SA Calls for Concerted and Co-ordinated Efforts to address Land Degradation and Drought at the CoP11 to the UNCCD

sa cop11The Minister of Water and Environmental Affairs,  Edna Molewa has called for the community of nations to arrive at an agreement that recognises that desertification, land degradation and drought (DLDD) is a reality which has impacted negatively on the livelihoods of humanity in a manner that cannot be ignored anymore.

 Minister Molewa was addressing a High Level Segment of the eleventh session of the Conference of the Parties (COP 11) to the United Nations Convention to Combat Desertification (UNCCD) which was held from the 16th to the 27th of September in Windhoek, Namibia. South Africa is a signatory to the United Nations Convention to Combat Desertification which it ratified in 1997.

The objective of the Convention is to combat desertification and mitigate the effects of drought in countries experiencing serious drought and/or desertification, particularly in Africa, through effective action at all levels, supported by international cooperation and partnership arrangements, in the framework of an integrated approach, with a view to contributing to the achievement of sustainable development in affected areas.

COP11 is considering an extensive agenda that includes the Ten Year Strategic Plan and Framework within the context of the report of the Committee for the Review of the Implementation of the Convention (CRIC) and the report of the Committee on Science and Technology (CST).

With climate change and a global population set to reach 9 billion by 2050, land and soil experts are getting alarmed that the land resource may come under excessive pressure to meet growing food, water, energy and other demands. In the context of the outcomes of Rio+20, the global community is expect to deliberate and take policy decisions that affirms why it is more economical for countries and the international community to put the measures needed to avert land over-exploitation sooner rather than later.

“It is better to deal with the root causes of land and ecosystem degradation rather than the symptoms, in other words, if you can put in place appropriate policies and practices that lead to the prevention of degradation, this will be the most efficient option than attempting rehabilitation. We need to draw parallels between the effects of climate change and the resultant land degradation and drought,”added Minster Molewa in her address.

Desertification is predictable, avoidable and often reversible through the restoration of degraded lands where feasible. There are many strategies that can be adopted to help save lives and livelihoods in drought‐affected communities.
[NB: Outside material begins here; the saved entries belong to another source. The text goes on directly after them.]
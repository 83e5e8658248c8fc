-- ===== src/Memtable/Laws.antt =====
-- Reads of a memtable after its writes.
use flash_store.Prelude.{ℕ, ◌≡◌, none, some, arith, if◌then◌else◌}
use flash_store.Bytes.{key_eq}
use flash_store.BTreeMap.Laws.{get-insert}
use flash_store.Types.{Key, Value, Entry}
use flash_store.Memtable.{MemTable, put, delete, get, insert_entry, answer}

pub get-insert_entry :
    (m : MemTable) (e : Entry) (j : Key)
    → get (insert_entry m e) j ≡ (if key_eq j e.key then some (answer e) else get m j)
unfolding get insert_entry
get-insert_entry m e j = ground (arith, get-insert m.table.map e.key e j)

-- A read of a memtable after `put` or `delete` sees that write at its key, and the old answer at
-- any other key.
pub get-write :
    (m : MemTable) (k : Key) (v : Value) (seq : ℕ) (j : Key)
    → (get (put m k v seq) j ≡ (if key_eq j k then some (some v) else get m j))
      × (get (delete m k seq) j ≡ (if key_eq j k then some none else get m j))
unfolding put delete
get-write m k v seq j = (get-insert_entry m _ j, get-insert_entry m _ j)
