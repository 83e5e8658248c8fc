-- ===== src/Engine/Writes.antt =====
-- `put`, `delete`, `write_batch` of src/engine.rs and the reads after them.
use flash_store.Prelude.{
  ℕ, ◌+◌, ◌%◌, ◌^◌, ◌≡◌, refl, sym, ◌∙◌, Bool, true, false, List, [], ◌∷◌, length, ◌==◌, Option,
  none, some, if◌then◌else◌, arith, Bool-cases, inl, inr, if_keeps,
}
use flash_store.Batch.{BatchOp, WriteBatch}
use flash_store.Bytes.{key_eq}
use flash_store.Error.{Result, ok}
use flash_store.External.{Buf, Crc32, Bincode}
use flash_store.Manifest.{VersionEdit}
use flash_store.Manifest.Versions.{HasNumber}
use flash_store.Memtable
use flash_store.Memtable.{MemTable}
use flash_store.Memtable.Laws.{get-write}
use flash_store.Memtable.Size.{write-IsValid}
use flash_store.Tables.{Tables}
use flash_store.Types.{Key, Value}
use flash_store.Wal.{WalWriter}
use flash_store.Wal.Record.{WalRecord}
use flash_store.Engine.{
  Engine, get, flush, put, delete, write_batch, maybe_schedule_flush, apply_ops, next_seq,
}
use flash_store.Engine.Search.{or_else}
use flash_store.Engine.Flushing.{entries_of}
use flash_store.Engine.Flush.{IsValid, get-parts, flush-get, flush-IsValid}

-- The answer of the last operation of a batch on a key.
abbrev pub last_op : Key → List BatchOp → Option (Option Value)
last_op j [] = none
last_op j (BatchOp.put k v ∷ ops) = elim (last_op j ops) [
  | some res ↦ some res
  | none ↦ if key_eq j k then some (some v) else none
]
last_op j (BatchOp.delete k ∷ ops) = elim (last_op j ops) [
  | some res ↦ some res
  | none ↦ if key_eq j k then some none else none
]

abbrev pub or_keep : Option (Option Value) → Option (Option Value) → Option (Option Value)
or_keep none old = old
or_keep (some res) old = some res

abbrev pub after_batch : Option (Option Value) → Result (Option Value) → Result (Option Value)
after_batch none old = old
after_batch (some res) old = ok res

if_ok :
    (b : Bool) (res : Option Value) (old : Result (Option Value))
    → after_batch (if b then some res else none) old ≡ (if b then ok res else old)
if_ok true res old = refl
if_ok false res old = refl

get-apply_ops :
    (m : MemTable) (seq : ℕ) (ops : List BatchOp) (j : Key)
    → Memtable.get (apply_ops m seq ops) j ≡ or_keep (last_op j ops) (Memtable.get m j)
get-apply_ops m seq [] j = refl
get-apply_ops m seq (BatchOp.put k v ∷ ops) j = ground (
  arith,
  get-apply_ops (Memtable.put m k v (next_seq seq)) (next_seq seq) ops j,
  (get-write m k v (next_seq seq) j).0,
)
get-apply_ops m seq (BatchOp.delete k ∷ ops) j = ground (
  arith,
  get-apply_ops (Memtable.delete m k (next_seq seq)) (next_seq seq) ops j,
  (get-write m k [] (next_seq seq) j).1,
)

last_op-empty : (j : Key) (ops : List BatchOp) → (length ops == 0) ≡ true → last_op j ops ≡ none
last_op-empty j [] h = refl
last_op-empty j (op ∷ ops) h = ground (arith, h)

pub apply_ops-IsValid :
    (m : MemTable) (seq : ℕ) (ops : List BatchOp)
    → Memtable.Size.IsValid m
    → Memtable.Size.IsValid (apply_ops m seq ops)
apply_ops-IsValid m seq [] v = v
apply_ops-IsValid m seq (BatchOp.put k x ∷ ops) v =
    apply_ops-IsValid (Memtable.put m k x (next_seq seq)) (next_seq seq) ops
      (write-IsValid m k x (next_seq seq) v).0
apply_ops-IsValid m seq (BatchOp.delete k ∷ ops) v =
    apply_ops-IsValid (Memtable.delete m k (next_seq seq)) (next_seq seq) ops
      (write-IsValid m k [] (next_seq seq) v).1

module _ {Table : Type 0} ⦃tables : Tables Table⦄ ⦃buf : Buf⦄ ⦃crc : Crc32⦄
    ⦃wal_codec : Bincode WalRecord⦄ ⦃edit_codec : Bincode VersionEdit⦄ where
  maybe-get :
      (s : Engine Table) (k : Key)
      → IsValid s
      → tables.fits (entries_of s.memtable) ≡ true
      → get (maybe_schedule_flush s) k ≡ get s k
  unfolding maybe_schedule_flush
  maybe-get s k v fit = ground (arith, flush-get s k v fit)

  maybe-IsValid :
      (s : Engine Table) → HasNumber s.version_set → IsValid s → IsValid (maybe_schedule_flush s)
  unfolding maybe_schedule_flush
  maybe-IsValid s room v = if_keeps IsValid _ (flush s) s (flush-IsValid s room v) v

  -- A write that changes only the memtable answers at once, or leaves the old answer.
  after_write :
      (s t : Engine Table) (j : Key) (answer : Option (Option Value))
      → IsValid s
      → t.imm_memtables ≡ s.imm_memtables
      → t.files ≡ s.files
      → t.version_set.levels ≡ s.version_set.levels
      → Memtable.get t.memtable j ≡ or_keep answer (Memtable.get s.memtable j)
      → get t j ≡ after_batch answer (get s j)
  unfolding or_else
  after_write s t j none v imm files levels m =
      get-parts t j (imm ∙ v.none_frozen)
      ∙ rw m (rw files (rw levels refl))
      ∙ sym (get-parts s j v.none_frozen)
  after_write s t j (some res) v imm files levels m =
      get-parts t j (imm ∙ v.none_frozen) ∙ rw m refl

  -- The state after the log, the memtable and the last sequence number have changed.
  abbrev pub written : Engine Table → WalWriter → MemTable → ℕ → Engine Table
  written s w m n = record s {
    version_set = record s.version_set { last_sequence = n };
    wal = w;
    memtable = m;
  }

  pub written-IsValid :
      (s : Engine Table) (w : WalWriter) (m : MemTable) (n : ℕ)
      → IsValid s
      → Memtable.Size.IsValid m
      → IsValid (written s w m n)
  written-IsValid s w m n v valid = record {
    memtable = valid;
    none_frozen = v.none_frozen;
    versions = record {
      count = v.versions.count;
      numbers = v.versions.numbers;
      ordered = v.versions.ordered;
    };
    has_level = v.has_level;
  }

  written-get :
      (s : Engine Table) (w : WalWriter) (m : MemTable) (n : ℕ) (j : Key)
      (answer : Option (Option Value))
      → IsValid s
      → HasNumber s.version_set
      → Memtable.Size.IsValid m
      → tables.fits (entries_of m) ≡ true
      → Memtable.get m j ≡ or_keep answer (Memtable.get s.memtable j)
      → (get (maybe_schedule_flush (written s w m n)) j ≡ after_batch answer (get s j))
        × IsValid (maybe_schedule_flush (written s w m n))
  written-get s w m n j answer v room valid fit h =
      let t = written s w m n in
      let tv = written-IsValid s w m n v valid in
      (maybe-get t j tv fit ∙ after_write s t j answer v refl refl refl h, maybe-IsValid t room tv)

  -- From a well-formed state whose next file number is below 2^64 - 1, if the entries of the
  -- memtable with the new one fit a table: a read after `put` sees the new value at its key and
  -- the old answer at any other key, whether or not the write starts a flush; and the state stays
  -- well-formed.
  pub put-get :
      (s : Engine Table) (k : Key) (x : Value) (j : Key)
      → IsValid s
      → HasNumber s.version_set
      → tables.fits
          (entries_of (Memtable.put s.memtable k x (next_seq s.version_set.last_sequence)))
        ≡ true
      → (get (put s k x) j ≡ (if key_eq j k then ok (some x) else get s j)) × IsValid (put s k x)
  unfolding put
  put-get s k x j v room fit =
      let n = next_seq s.version_set.last_sequence in
      let m = s.memtable in
      let r =
        written-get s _ (Memtable.put m k x n) n j (if key_eq j k then some (some x) else none) v
          room (write-IsValid m k x n v.memtable).0 fit (ground (arith, (get-write m k x n j).0)) in
      (r.0 ∙ if_ok (key_eq j k) (some x) (get s j), r.1)

  -- From a well-formed state whose next file number is below 2^64 - 1, if the entries of the
  -- memtable with the tombstone fit a table: a read after `delete` sees nothing at its key and
  -- the old answer at any other key, whether or not the write starts a flush; and the state stays
  -- well-formed.
  pub delete-get :
      (s : Engine Table) (k j : Key)
      → IsValid s
      → HasNumber s.version_set
      → tables.fits
          (entries_of (Memtable.delete s.memtable k (next_seq s.version_set.last_sequence)))
        ≡ true
      → (get (delete s k) j ≡ (if key_eq j k then ok none else get s j)) × IsValid (delete s k)
  unfolding delete
  delete-get s k j v room fit =
      let n = next_seq s.version_set.last_sequence in
      let m = s.memtable in
      let r =
        written-get s _ (Memtable.delete m k n) n j (if key_eq j k then some none else none) v room
          (write-IsValid m k [] n v.memtable).1 fit (ground (arith, (get-write m k [] n j).1)) in
      (r.0 ∙ if_ok (key_eq j k) none (get s j), r.1)

  -- From a well-formed state whose next file number is below 2^64 - 1, if the entries of the
  -- memtable with the batch applied fit a table: after a batch a read of a key sees the last
  -- operation of the batch on that key, and the old answer if there is none, whether or not the
  -- batch starts a flush; and the state stays well-formed.
  pub write_batch-get :
      (s : Engine Table) (batch : WriteBatch) (j : Key)
      → IsValid s
      → HasNumber s.version_set
      → tables.fits (entries_of (apply_ops s.memtable s.version_set.last_sequence batch.ops)) ≡ true
      → (get (write_batch s batch) j ≡ after_batch (last_op j batch.ops) (get s j))
        × IsValid (write_batch s batch)
  unfolding write_batch
  write_batch-get s batch j v room fit =
      let n = s.version_set.last_sequence in
      let m = s.memtable in
      elim (Bool-cases (length batch.ops == 0)) [
        | inl none_queued ↦ rw none_queued (rw (last_op-empty j batch.ops none_queued) (refl, v))
        | inr queued ↦ rw queued (
            written-get s _ (apply_ops m n batch.ops) ((n + length batch.ops) % 2 ^ 64) j
              (last_op j batch.ops) v room (apply_ops-IsValid m n batch.ops v.memtable) fit
              (get-apply_ops m n batch.ops j))
      ]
By reframing policies in terms of drought preparedness and risk management, as opposed to disaster response, investments can be made that are much more cost‐effective and lifesaving than sending compassionate aid after a crisis has occurred.

Through social and economic interventions among vulnerable communities, capacity and resilience to withstand the effects of drought can be strengthened by encouraging sustainable land management, establishing early warning systems leading to early actions, alternative livelihoods to agriculture and pastoralism. The effects of drought, especially among the world’s poor, need not be so devastating.
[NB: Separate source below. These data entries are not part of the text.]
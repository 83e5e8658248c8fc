-- ===== src/Engine/Durable/Reopened.antt =====
-- `open` of src/engine.rs on what a running engine has written.
use flash_store.Prelude.{
  subst, ℕ, ◌≤◌, ◌<◌, ◌≡◌, refl, ap, ap₂, sym, ◌∙◌, List, [], ◌∷◌, ◌++◌, length, take, Option, some,
  arith, All, if_keeps, ltb, if◌then◌else◌,
}
use flash_store.Bytes.{Bytes}
use flash_store.BTreeMap
use flash_store.BTreeMap.{BTreeMap}
use flash_store.Error.{ok}
use flash_store.External.{Buf, Crc32, Bincode}
use flash_store.Manifest
use flash_store.Manifest.{VersionEdit, VersionSet, new_set, read_all_edits}
use flash_store.Manifest.Log.{read_all_edits_complete}
use flash_store.Manifest.Versions.{NumbersFit}
use flash_store.Memtable
use flash_store.Memtable.{MemTable, insert_entry}
use flash_store.Tables.{Tables}
use flash_store.Types.{Key, Value, Entry}
use flash_store.Wal.{read_all, open_writer}
use flash_store.Wal
use flash_store.Wal.Record.{WalRecord, encode}
use flash_store.Wal.Recovery.{read_all_complete, read_all_torn}
use flash_store.Engine.{Engine, get}
use flash_store.Engine.Flush.{IsValid, get-parts, found}
use flash_store.Engine.Search.{or_else, search_version}
use flash_store.Engine.Opening.{
  recovered, apply_edits_max, replay, replay_record, max_record_seq, recovered-IsValid,
}
use flash_store.Engine.Durable.{Persisted, Manifested, Logged, described, SeqUpTo, directory_of}

-- A memtable answers by its table.
pub memtable_get_table :
    (m n : MemTable) (k : Key) → m.table ≡ n.table → Memtable.get m k ≡ Memtable.get n k
unfolding Memtable.get
memtable_get_table m n k h = rw h refl

pub SeqUpTo-mono : (n p : ℕ) (m : BTreeMap Entry) → n ≤ p → SeqUpTo n m → SeqUpTo p m
SeqUpTo-mono n p [] le h = tt
SeqUpTo-mono n p ((k, e) ∷ m) le h = (omega (arith, h.0), SeqUpTo-mono n p m le h.1)

SeqUpTo-insert :
    (n : ℕ) (m : BTreeMap Entry) (k : Key) (e : Entry)
    → e.seq_no ≤ n
    → SeqUpTo n m
    → SeqUpTo n (BTreeMap.insert m k e)
unfolding BTreeMap.insert
SeqUpTo-insert n [] k e le h = (le, tt)
SeqUpTo-insert n ((j, x) ∷ m) k e le h = ground (arith, h.0, SeqUpTo-insert n m k e le h.1)

-- A write with a number up to `n`, and so a replayed record.
pub SeqUpTo-write :
    (n : ℕ) (m : MemTable) (k : Key) (v : Value) (seq : ℕ)
    → seq ≤ n
    → SeqUpTo n m.table.map
    → SeqUpTo n (Memtable.put m k v seq).table.map × SeqUpTo n (Memtable.delete m k seq).table.map
unfolding Memtable.put Memtable.delete
SeqUpTo-write n m k v seq le h =
    (SeqUpTo-insert n m.table.map k _ le h, SeqUpTo-insert n m.table.map k _ le h)

SeqUpTo-replay :
    (n last : ℕ) (m : MemTable) (rs : List WalRecord)
    → All (λ (r : WalRecord). r.seq_no ≤ n) rs
    → SeqUpTo n m.table.map
    → SeqUpTo n (replay last m rs).table.map
unfolding replay
SeqUpTo-replay n last m [] le h = h
SeqUpTo-replay n last m (r ∷ rs) le h =
    let w = SeqUpTo-write n m r.key r.value r.seq_no le.0 h in
    let P : MemTable → Type 0 = λ x. SeqUpTo n x.table.map in
    SeqUpTo-replay n last (if ltb last r.seq_no then replay_record m r else m) rs le.1
      (if_keeps P (ltb last r.seq_no) _ m (if_keeps P r.is_delete _ _ w.1 w.0) h)

max_record_seq-ge : (n : ℕ) (rs : List WalRecord) → n ≤ max_record_seq n rs
max_record_seq-ge n [] = omega arith
max_record_seq-ge n (r ∷ rs) =
    let m = if ltb n r.seq_no then r.seq_no else n in ground (arith, max_record_seq-ge m rs)

max_record_seq-All :
    (n : ℕ) (rs : List WalRecord) → All (λ (r : WalRecord). r.seq_no ≤ max_record_seq n rs) rs
max_record_seq-All n [] = tt
max_record_seq-All n (r ∷ rs) =
    let m = if ltb n r.seq_no then r.seq_no else n in
    (ground (arith, max_record_seq-ge m rs), max_record_seq-All m rs)

module _ {Table : Type 0} ⦃tables : Tables Table⦄ ⦃buf : Buf⦄ ⦃crc : Crc32⦄
    ⦃wal_codec : Bincode WalRecord⦄ ⦃edit_codec : Bincode VersionEdit⦄ where
  -- The engine that `open` makes of the manifest and the tables of a state, and of a log.
  abbrev pub reopened : Engine Table → Bytes → Engine Table
  reopened s log = recovered Table s.options (directory_of s log)

  pub edits_read :
      (s : Engine Table) (edits : List VersionEdit)
      → Manifested edits s
      → read_all_edits (some s.manifest.content) ≡ edits
  edits_read s edits m = rw m.content (read_all_edits_complete edits m.fit)

  positive_levels :
      (s : Engine Table) (edits : List VersionEdit)
      → IsValid s
      → Manifested edits s
      → 0 < s.options.max_levels
  positive_levels s edits v m = rw (← m.max_levels) (rw (← v.versions.count) v.has_level)

  -- If recovery reads just the records of a log, the memtable and the levels are those of the
  -- state, and the last sequence number is not below the one in the manifest.
  pub reopened_parts :
      (s : Engine Table) (log : Bytes) (p : Persisted s)
      → read_all log ≡ p.records
      → ((reopened s log).memtable.table ≡ s.memtable.table)
        × ((reopened s log).version_set.levels ≡ s.version_set.levels)
        × ((described s p.edits).last_sequence ≤ (reopened s log).version_set.last_sequence)
  unfolding recovered
  reopened_parts s log p read =
      let edits = edits_read s p.edits p.manifest in
      (
        ap₂ (λ e rs. (replay (described s e).last_sequence (Memtable.new 0) rs).table) edits read
            ∙ sym p.log.memtable,
        ap (λ e. (described s e).levels) edits ∙ sym p.manifest.levels,
        rw edits (max_record_seq-ge (described s p.edits).last_sequence (read_all log)),
      )

  -- If recovery reads just the records of a log, reads are those of the state.
  pub get-reopened :
      (s : Engine Table) (log : Bytes) (k : Key)
      → IsValid s
      → (p : Persisted s) → read_all log ≡ p.records
      → get (reopened s log) k ≡ get s k
  unfolding recovered
  get-reopened s log k v p read =
      let (memtable, levels, _) = reopened_parts s log p read in
      get-parts (reopened s log) k refl
      ∙ ap₂
          (λ (m : Option (Option Value)) (ls : Manifest.Levels).
            found (or_else (ok m) (search_version s.files k ls)))
          (memtable_get_table (reopened s log).memtable s.memtable k memtable) levels
      ∙ sym (get-parts s k v.none_frozen)

  reopened-Logged :
      (s : Engine Table) (p : Persisted s)
      → Logged (described s p.edits).last_sequence p.records (reopened s s.wal.file.content)
  unfolding recovered open_writer
  reopened-Logged s p =
      let last = (described s p.edits).last_sequence in
      let edits = edits_read s p.edits p.manifest in
      let read : read_all s.wal.file.content ≡ p.records =
        rw p.log.holds.content (read_all_complete p.records p.log.holds.fit) in
      record {
        holds = record {
          content = p.log.holds.content;
          at_end = refl;
          synced = λ _. refl;
          fit = p.log.holds.fit;
        };
        sync = refl;
        memtable =
            ap₂ (λ e rs. (replay (described s e).last_sequence (Memtable.new 0) rs).table) edits
              read;
        bounded = rw edits (
            rw read (
              SeqUpTo-replay (max_record_seq last p.records) last (Memtable.new 0) p.records
                (max_record_seq-All last p.records) tt));
      }

  reopened-Manifested :
      (s : Engine Table) (log : Bytes) (edits : List VersionEdit)
      → Manifested edits s
      → Manifested edits (reopened s log)
  unfolding recovered
  reopened-Manifested s log edits m =
      let same = edits_read s edits m in
      record {
        content = m.content;
        durable = refl;
        at_end = refl;
        fit = m.fit;
        numbers = m.numbers;
        max_levels = rw (same, apply_edits_max) refl;
        levels = ap (λ e. (described s e).levels) same;
        last = rw same (max_record_seq-ge _ (read_all log));
      }

  -- Reopening keeps a state well-formed, and its directory a true description of it.
  pub reopened-Persisted :
      (s : Engine Table)
      → IsValid s
      → Persisted s
      → IsValid (reopened s s.wal.file.content) × Persisted (reopened s s.wal.file.content)
  unfolding recovered
  reopened-Persisted s v p = (
    recovered-IsValid Table s.options (directory_of s s.wal.file.content)
        (positive_levels s p.edits v p.manifest)
        (subst (All NumbersFit) (sym (edits_read s p.edits p.manifest)) p.manifest.numbers),
    record {
      edits = p.edits;
      manifest = reopened-Manifested s s.wal.file.content p.edits p.manifest;
      records = p.records;
      log = reopened-Logged s p;
    },
  )

  -- Reopening whole files changes no read.
  pub get-reopened_whole :
      (s : Engine Table) (k : Key)
      → IsValid s
      → Persisted s
      → get (reopened s s.wal.file.content) k ≡ get s k
  get-reopened_whole s k v p =
      get-reopened s _ k v p (rw p.log.holds.content (read_all_complete p.records p.log.holds.fit))

  -- From a well-formed state that its directory describes: if the process stops while one more
  -- record below 4 GiB is being appended to the log, which leaves a proper prefix of its frame,
  -- then after `open` every read answers as it did before that append.
  pub get-reopened_torn :
      (s : Engine Table) (r : WalRecord) (n : ℕ) (k : Key)
      → IsValid s
      → Persisted s
      → Wal.Frames.Fits r
      → n < length (encode r)
      → get (reopened s (s.wal.file.content ++ take n (encode r))) k ≡ get s k
  get-reopened_torn s r n k v p fit lt =
      get-reopened s _ k v p
        (rw p.log.holds.content (read_all_torn p.records r n p.log.holds.fit fit lt))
“While biodiversity and healthy ecosystems provide wide-ranging benefits to society on the whole, many communities globally, and especially in Africa, depend directly on the products from local ecosystems for the majority of their food, energy, water and medicinal requirements. The degradation of ecosystems affects their ability to deliver ecosystem services, which in turn has a direct negative impact on human well-being as well as socio-economic conditions, especially for the poor”, added Minister Molewa.

The three principal environmental conventions, the UNCCD, United Nations Convention on Biodiversity (UNCBD) and the UN Framework Convention for Climate Change (UNFCCC) recognise that climate change is one of the main challenges that require adjustments on ecological, social, or economic systems in response to actual or expected climatic stimuli and their effects or impacts.  They all call for scaled-up overall mitigation and adaptation efforts and therefore, it is of paramount importance that developing countries affected by land degradation are able to confer the required priority in the adaptation and mitigation actions at national and regional levels.

The Minister was  accompanied by Deputy Minister of Water and Environmental Affairs, Rejoice Mabudafhasi, the South African High Commissioner to Namibia, Her Excellency,. Mavivi Myakayaka-Manzini, the Director-General of the Department of Environmental Affairs Nosipho Ngcaba and other senior officials from national and provincial governments.